*YOUR ASSIGNMENT:* Search the entries for the word "kept". Copy every line that holds it.

+--

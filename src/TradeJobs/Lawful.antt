-- ===== src/TradeJobs/Lawful.antt =====
-- How the table of jobs may change: row by row, each status by a transition of the table.
use ctreader.Prelude.{
  ℕ, ◌≡◌, refl, Bool, true, List, [], ◌∷◌, arith, update_many, count, count-zero_found, find_first,
  some, ◌==◌, ==_refl, ◌≤◌, Bool-cases, inl, inr,
}
use ctreader.Schema.{TradeJob}
use ctreader.TradeJobs.State.{can_transition}

-- One row before and after: the same job, in a status that the table allows.
pub record IsLawfulRow (a b : TradeJob) : Type 0 where
  pub same_id : b.id ≡ a.id
  pub same_user : b.user_id ≡ a.user_id
  pub allowed : can_transition a.status b.status ≡ true

abbrev pub IsLawful : List TradeJob → List TradeJob → Type 0
IsLawful [] [] = Unit
IsLawful [] (b ∷ ys) = ⊥
IsLawful (a ∷ xs) [] = ⊥
IsLawful (a ∷ xs) (b ∷ ys) = IsLawfulRow a b × IsLawful xs ys

pub IsLawfulRow-refl : (a : TradeJob) → IsLawfulRow a a
unfolding can_transition
IsLawfulRow-refl a = record { same_id = refl; same_user = refl; allowed = ground arith }

pub IsLawful-refl : (jobs : List TradeJob) → IsLawful jobs jobs
IsLawful-refl [] = tt
IsLawful-refl (a ∷ xs) = (IsLawfulRow-refl a, IsLawful-refl xs)

-- An update is lawful if it is so on the rows that it changes.
pub IsLawful-update_many :
    (p : TradeJob → Bool) (f : TradeJob → TradeJob) (jobs : List TradeJob)
    → ((a : TradeJob) → p a ≡ true → IsLawfulRow a (f a))
    → IsLawful jobs (update_many p f jobs)
unfolding update_many
IsLawful-update_many p f [] h = tt
IsLawful-update_many p f (a ∷ xs) h = elim (Bool-cases (p a)) [
  | inl changed ↦ rw changed (h a changed, IsLawful-update_many p f xs h)
  | inr kept ↦ rw kept (IsLawfulRow-refl a, IsLawful-update_many p f xs h)
]

IsLawful-update_none :
    (p : TradeJob → Bool) (f : TradeJob → TradeJob) (jobs : List TradeJob)
    → count p jobs ≡ 0
    → IsLawful jobs (update_many p f jobs)
unfolding update_many count
IsLawful-update_none p f [] h = tt
IsLawful-update_none p f (a ∷ xs) h = elim (Bool-cases (p a)) [
  | inl changed ↦ absurd (ground arith)
  | inr kept ↦ rw kept (IsLawfulRow-refl a, IsLawful-update_none p f xs (ground arith))
]

-- The ids of the table are its primary key.
abbrev pub HasUniqueIds : List TradeJob → Type 0
HasUniqueIds jobs = (k : ℕ) → count (λ (j : TradeJob). j.id == k) jobs ≤ 1

found_is_head :
    (q : TradeJob → Bool) (a job : TradeJob) (xs : List TradeJob)
    → count (λ (j : TradeJob). j.id == job.id) (a ∷ xs) ≤ 1
    → find_first q (a ∷ xs) ≡ some job
    → (a.id == job.id) ≡ true
    → a ≡ job
unfolding count find_first
found_is_head q a job xs one found same = elim (Bool-cases (q a)) [
  | inl passes ↦ ground arith
  | inr fails ↦ absurd (
      ground
        (arith, count-zero_found (λ (j : TradeJob). j.id == job.id) q xs {a = job}, ==_refl job.id))
]

update_one :
    (q : TradeJob → Bool) (f : TradeJob → TradeJob) (jobs : List TradeJob) (job : TradeJob)
    → count (λ (j : TradeJob). j.id == job.id) jobs ≤ 1
    → find_first q jobs ≡ some job
    → IsLawfulRow job (f job)
    → IsLawful jobs (update_many (λ j. j.id == job.id) f jobs)
unfolding update_many count find_first
update_one q f [] job one found row = tt
update_one q f (a ∷ xs) job one found row = elim (Bool-cases (a.id == job.id)) [
  | inl same ↦
      let here : a ≡ job = found_is_head q a job xs one found same in
      rw same (rw here row, IsLawful-update_none (λ j. j.id == job.id) f xs (ground arith))
  | inr other ↦
      rw other (IsLawfulRow-refl a, update_one q f xs job (ground arith) (ground arith) row)
]

-- So the update of the row that a query found, by its id, is lawful if it is so on that row.
pub IsLawful-update_one :
    (q : TradeJob → Bool) (f : TradeJob → TradeJob) (jobs : List TradeJob) (job : TradeJob)
    → HasUniqueIds jobs
    → find_first q jobs ≡ some job
    → IsLawfulRow job (f job)
    → IsLawful jobs (update_many (λ j. j.id == job.id) f jobs)
IsLawful-update_one q f jobs job unique = update_one q f jobs job (unique job.id)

+--

*EXERCISE SOLUTION:*
  | inr kept ↦ rw kept (IsLawfulRow-refl a, IsLawful-update_many p f xs h)
  | inr kept ↦ rw kept (IsLawfulRow-refl a, IsLawful-update_none p f xs (ground arith))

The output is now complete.